*** Given information ***

-- ===== src/Arrivals.antt =====
-- What vnode_controller/vnode_controller.go does when bases and their biz modules report
-- (`onBaseStatusArrived`, `onAllBizStatusArrived`, `onSingleBizStatusArrived`), over the methods of
-- provider/vnode.go that sync them to Kubernetes and uninstall the modules without a pod. A run of a handler
-- reads the clock once.
pub mod Discovery
pub mod Uninstalls
pub mod Led
pub mod Starts
pub mod Tests
use virtual_kubelet.Common.{
  if◌then◌else◌, ℕ, Bool, true, false, Option, none, some, List, [], ◌∷◌, ℤ, pos, Text, text, Map,
  lookup, insert, message,
}
use virtual_kubelet.Kube.{Container, Pod, BizStatusData, no_phase, always}
use virtual_kubelet.Kube.Nodes.{KubeNode, NodeStatusData}
use virtual_kubelet.Keys.{get_biz_name_and_version_from_unique_key}
use virtual_kubelet.Biz.{same_text, fill_pod_key}
use virtual_kubelet.Lease.{is_leader}
use virtual_kubelet.Pods.{PodResult}
use virtual_kubelet.VPods.{Tunnel, Provider, delete_pod}
use virtual_kubelet.VPods.Sync.{sync_biz_status_to_kube, sync_all_biz_status_to_kube}
use virtual_kubelet.Nodes.{Nodes, update_node_state_on_provider_arrived}
use virtual_kubelet.NodeSync.{Answer}
use virtual_kubelet.NodeSync.Loop.{Notified, skipped, notify_panic, sent, notify}

-- The container of a module by its key, and a pod for it that stands for none in Kubernetes.
unfoldable pub module_container : Text → Container
unfolding get_biz_name_and_version_from_unique_key
module_container key =
    let (name, version) = get_biz_name_and_version_from_unique_key key in
    record {
      name = name;
      image = [];
      env = record { name = text "BIZ_VERSION"; value = version } ∷ [];
      other = [];
    }

unfoldable pub not_exist_pod : Text → Pod
unfolding module_container
not_exist_pod key = record {
  namespace = text "default";
  name = text "not-exist-pod";
  uid = [];
  resource_version = [];
  labels = [];
  annotations = [];
  finalizers = [];
  creation_timestamp = pos 0;
  deletion_timestamp = none;
  deletion_grace_period_seconds = none;
  node_name = [];
  containers = module_container key ∷ [];
  init_containers = [];
  active_deadline_seconds = none;
  tolerations = [];
  restart_policy = always;
  status = record {
    phase = no_phase;
    reason = [];
    message = [];
    pod_ip = [];
    conditions = [];
    container_statuses = [];
  };
}

module _ {T : Type 0} (tunnel : Tunnel T) (timers : ℕ) where
  -- `syncNotExistBizPodToProvider`.
  unfoldable pub sync_not_exist_biz_pod_to_provider : List BizStatusData → Provider T → Provider T
  unfolding delete_pod not_exist_pod
  sync_not_exist_biz_pod_to_provider [] p = p
  sync_not_exist_biz_pod_to_provider (d ∷ ds) p =
      sync_not_exist_biz_pod_to_provider ds (delete_pod tunnel timers (not_exist_pod d.key) p)

  abbrev pub then_uninstall : List BizStatusData → Option (Provider T) → Option (Provider T)
  then_uninstall ds none = none
  then_uninstall ds (some p) = some (sync_not_exist_biz_pod_to_provider ds p)

  module _ (cache_get : Text → Text → PodResult) (local_ip : Text) where
    unfoldable pub sync_batch_biz_status_to_kube :
        (List Pod → List Pod)
        → ℤ
        → List BizStatusData
        → List BizStatusData
        → Provider T
        → Option (Provider T)
    unfolding sync_all_biz_status_to_kube
    sync_batch_biz_status_to_kube by_age now to_update to_delete p =
        then_uninstall to_delete
          (sync_all_biz_status_to_kube cache_get local_ip by_age now to_update p)

    unfoldable pub sync_each_biz :
        ℤ → List BizStatusData → Option (Provider T) → Option (Provider T)
    unfolding sync_biz_status_to_kube
    sync_each_biz now ds none = none
    sync_each_biz now [] (some p) = some p
    sync_each_biz now (d ∷ ds) (some p) =
        sync_each_biz now ds (sync_biz_status_to_kube cache_get local_ip now d p)

    unfoldable pub sync_one_node_biz_status_to_kube :
        ℤ → List BizStatusData → List BizStatusData → Provider T → Option (Provider T)
    unfolding sync_each_biz
    sync_one_node_biz_status_to_kube now to_update to_delete p =
        then_uninstall to_delete (sync_each_biz now to_update (some p))

-- The nodes, and the pod provider of each.
pub record Fleet (S T : Type 0) : Type 0 where
  pub nodes : Nodes S
  pub providers : Map (Provider T)

module _ {S T : Type 0} where
  -- A node without a provider is left alone; `none` is a panic.
  unfoldable pub on_provider :
      Text → (Provider T → Option (Provider T)) → Fleet S T → Option (Fleet S T)
  on_provider name act fleet = elim (lookup name fleet.providers) [
    | none ↦ some fleet
    | some p ↦ elim (act p) [
      | none ↦ none
      | some p' ↦ some (record fleet { providers = insert name p' fleet.providers })
    ]
  ]

  unfoldable pub if_led : Option Bool → Option (Fleet S T) → Fleet S T → Option (Fleet S T)
  if_led none act fleet = none
  if_led (some false) act fleet = some fleet
  if_led (some true) act fleet = act

  unfoldable pub when_led :
      Text → ℤ → Text → (Provider T → Option (Provider T)) → Fleet S T → Option (Fleet S T)
  unfolding on_provider if_led is_leader
  when_led client_id now name act fleet = elim (lookup name fleet.nodes) [
    | none ↦ some fleet
    | some n ↦ if_led (is_leader client_id now n.lease) (on_provider name act fleet) fleet
  ]

  module _ (tunnel : Tunnel T) (timers : ℕ) (cache_get : Text → Text → PodResult)
      (local_ip : Text) where
    -- `pods` are those that Kubernetes lists for the node, or none if it cannot.
    unfoldable pub on_all_biz_status_arrived :
        (List Pod → List Pod)
        → Text
        → ℤ
        → Text
        → List Pod
        → List BizStatusData
        → Fleet S T
        → Option (Fleet S T)
    unfolding when_led sync_batch_biz_status_to_kube fill_pod_key
    on_all_biz_status_arrived by_age client_id now name pods ds fleet =
        let (with_pod, without) = fill_pod_key pods ds in
        when_led client_id now name
          (sync_batch_biz_status_to_kube tunnel timers cache_get local_ip by_age now with_pod
            without)
          fleet

    unfoldable pub on_single_biz_status_arrived :
        Text → ℤ → Text → List Pod → BizStatusData → Fleet S T → Option (Fleet S T)
    unfolding when_led sync_one_node_biz_status_to_kube fill_pod_key
    on_single_biz_status_arrived client_id now name pods d fleet =
        let (with_pod, without) = fill_pod_key pods (d ∷ []) in
        when_led client_id now name
          (sync_one_node_biz_status_to_kube tunnel timers cache_get local_ip now with_pod without)
          fleet

module _ {S : Type 0} where
  -- The state of the node that a base reports, if it reports one.
  abbrev pub with_state : ℤ → Text → NodeStatusData → Nodes S → Nodes S
  with_state now name report nodes =
      if same_text report.node_state []
      then nodes
      else update_node_state_on_provider_arrived now name report.node_state nodes

  unfoldable pub after_notify : Notified → Nodes S → Option (Option KubeNode × Nodes S)
  after_notify notify_panic nodes = none
  after_notify skipped nodes = some (none, nodes)
  after_notify (sent node) nodes = some (some node, nodes)

  unfoldable pub base_status_led :
      Option Bool → Notified → Nodes S → Nodes S → Option (Option KubeNode × Nodes S)
  unfolding after_notify
  base_status_led none notified nodes updated = none
  base_status_led (some false) notified nodes updated = some (none, nodes)
  base_status_led (some true) notified nodes updated = after_notify notified updated

  -- What goes to the node controller, and the nodes; `none` is a panic.
  unfoldable pub on_base_status_arrived :
      Text
      → ℤ
      → Text
      → NodeStatusData
      → Bool
      → Answer
      → Nodes S
      → Option (Option KubeNode × Nodes S)
  unfolding base_status_led is_leader notify update_node_state_on_provider_arrived
  on_base_status_arrived client_id now name report registered cached nodes =
      elim (lookup name nodes) [
        | none ↦ some (none, nodes)
        | some n ↦
            base_status_led (is_leader client_id now n.lease) (notify registered cached report)
              nodes (with_state now name report nodes)
      ]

***

= What the task asks =
Check each line of the records for the word "elim" and extract those that contain it.

= Answer for the task =
  on_provider name act fleet = elim (lookup name fleet.providers) [
    | some p ↦ elim (act p) [
  when_led client_id now name act fleet = elim (lookup name fleet.nodes) [
      elim (lookup name nodes) [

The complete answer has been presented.